> [ABOUT THIS TASK]:
All lines of the entries with "SlotInfo" in them must be listed.
**** EXTRACTED MATERIAL
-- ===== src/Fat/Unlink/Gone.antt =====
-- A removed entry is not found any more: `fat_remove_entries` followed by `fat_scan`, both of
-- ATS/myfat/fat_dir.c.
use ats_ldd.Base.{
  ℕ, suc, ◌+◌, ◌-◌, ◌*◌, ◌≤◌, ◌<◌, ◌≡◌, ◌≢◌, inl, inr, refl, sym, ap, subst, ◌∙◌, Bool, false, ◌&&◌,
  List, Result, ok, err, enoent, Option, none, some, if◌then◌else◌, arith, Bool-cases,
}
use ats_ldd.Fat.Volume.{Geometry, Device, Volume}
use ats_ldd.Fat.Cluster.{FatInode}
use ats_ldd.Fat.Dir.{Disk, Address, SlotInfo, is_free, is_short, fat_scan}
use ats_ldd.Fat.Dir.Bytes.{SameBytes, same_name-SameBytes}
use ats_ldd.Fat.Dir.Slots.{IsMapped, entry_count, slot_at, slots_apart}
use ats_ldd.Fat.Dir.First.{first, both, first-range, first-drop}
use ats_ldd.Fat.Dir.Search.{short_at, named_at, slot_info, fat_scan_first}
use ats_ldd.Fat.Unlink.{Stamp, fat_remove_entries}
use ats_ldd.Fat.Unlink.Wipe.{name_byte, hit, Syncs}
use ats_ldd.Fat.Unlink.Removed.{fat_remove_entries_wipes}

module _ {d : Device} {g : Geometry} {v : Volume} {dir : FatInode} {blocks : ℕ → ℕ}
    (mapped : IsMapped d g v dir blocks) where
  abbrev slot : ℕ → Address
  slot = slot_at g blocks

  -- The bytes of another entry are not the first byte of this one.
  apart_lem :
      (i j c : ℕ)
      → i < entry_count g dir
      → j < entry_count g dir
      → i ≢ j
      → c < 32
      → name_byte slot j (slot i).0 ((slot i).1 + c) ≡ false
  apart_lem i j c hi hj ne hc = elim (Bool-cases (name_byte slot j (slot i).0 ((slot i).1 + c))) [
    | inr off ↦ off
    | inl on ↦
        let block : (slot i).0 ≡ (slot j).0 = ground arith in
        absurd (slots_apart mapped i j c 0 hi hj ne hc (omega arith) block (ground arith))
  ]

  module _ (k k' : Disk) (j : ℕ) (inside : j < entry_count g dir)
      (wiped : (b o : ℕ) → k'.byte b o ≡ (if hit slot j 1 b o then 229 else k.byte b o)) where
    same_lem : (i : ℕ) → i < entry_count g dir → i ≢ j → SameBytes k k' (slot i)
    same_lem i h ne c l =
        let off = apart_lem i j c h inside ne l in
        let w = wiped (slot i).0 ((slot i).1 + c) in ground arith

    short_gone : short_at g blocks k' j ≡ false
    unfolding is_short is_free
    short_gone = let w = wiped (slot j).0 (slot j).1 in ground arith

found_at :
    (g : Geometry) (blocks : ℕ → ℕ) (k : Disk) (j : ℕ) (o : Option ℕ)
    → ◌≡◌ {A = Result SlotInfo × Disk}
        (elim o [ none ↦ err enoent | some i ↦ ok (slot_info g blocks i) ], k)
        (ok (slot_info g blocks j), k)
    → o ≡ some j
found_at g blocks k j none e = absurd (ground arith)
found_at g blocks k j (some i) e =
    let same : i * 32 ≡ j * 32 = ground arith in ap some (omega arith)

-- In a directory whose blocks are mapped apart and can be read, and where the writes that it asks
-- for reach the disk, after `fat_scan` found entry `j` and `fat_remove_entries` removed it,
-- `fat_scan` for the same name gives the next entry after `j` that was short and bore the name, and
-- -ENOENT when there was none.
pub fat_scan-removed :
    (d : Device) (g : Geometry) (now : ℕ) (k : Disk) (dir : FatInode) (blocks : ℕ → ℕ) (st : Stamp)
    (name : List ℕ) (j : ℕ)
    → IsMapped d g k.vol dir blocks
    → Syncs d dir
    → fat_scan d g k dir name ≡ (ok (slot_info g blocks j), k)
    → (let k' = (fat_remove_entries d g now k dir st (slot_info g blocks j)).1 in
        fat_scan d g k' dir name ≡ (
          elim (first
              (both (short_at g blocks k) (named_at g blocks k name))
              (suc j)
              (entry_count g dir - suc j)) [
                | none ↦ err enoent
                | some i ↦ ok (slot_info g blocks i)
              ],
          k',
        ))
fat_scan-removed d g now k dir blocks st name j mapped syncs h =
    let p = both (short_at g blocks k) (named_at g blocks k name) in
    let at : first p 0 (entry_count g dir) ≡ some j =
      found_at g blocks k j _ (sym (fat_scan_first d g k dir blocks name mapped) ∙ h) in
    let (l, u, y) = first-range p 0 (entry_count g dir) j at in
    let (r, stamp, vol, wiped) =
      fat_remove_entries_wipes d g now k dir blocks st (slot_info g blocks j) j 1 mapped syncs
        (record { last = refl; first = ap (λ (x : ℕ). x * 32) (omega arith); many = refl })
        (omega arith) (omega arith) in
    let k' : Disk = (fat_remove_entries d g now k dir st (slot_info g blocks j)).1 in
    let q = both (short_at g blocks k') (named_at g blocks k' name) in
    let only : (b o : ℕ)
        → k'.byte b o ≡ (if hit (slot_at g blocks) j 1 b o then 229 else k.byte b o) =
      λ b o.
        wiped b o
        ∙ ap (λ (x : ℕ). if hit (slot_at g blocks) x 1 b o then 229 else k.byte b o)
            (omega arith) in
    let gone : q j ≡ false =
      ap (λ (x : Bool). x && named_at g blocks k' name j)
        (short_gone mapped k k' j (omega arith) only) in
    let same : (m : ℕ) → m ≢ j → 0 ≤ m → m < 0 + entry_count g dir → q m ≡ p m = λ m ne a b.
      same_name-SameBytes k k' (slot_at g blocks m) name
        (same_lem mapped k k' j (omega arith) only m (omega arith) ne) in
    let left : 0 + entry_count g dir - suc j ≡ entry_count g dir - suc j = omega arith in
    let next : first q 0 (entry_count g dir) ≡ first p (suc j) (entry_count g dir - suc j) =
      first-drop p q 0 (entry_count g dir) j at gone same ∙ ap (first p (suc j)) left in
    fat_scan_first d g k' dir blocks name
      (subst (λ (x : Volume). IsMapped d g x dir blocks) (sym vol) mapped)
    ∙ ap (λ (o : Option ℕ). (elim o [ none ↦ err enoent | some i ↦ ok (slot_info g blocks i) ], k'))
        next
********
> [SOLUTION]:
use ats_ldd.Fat.Dir.{Disk, Address, SlotInfo, is_free, is_short, fat_scan}
    → ◌≡◌ {A = Result SlotInfo × Disk}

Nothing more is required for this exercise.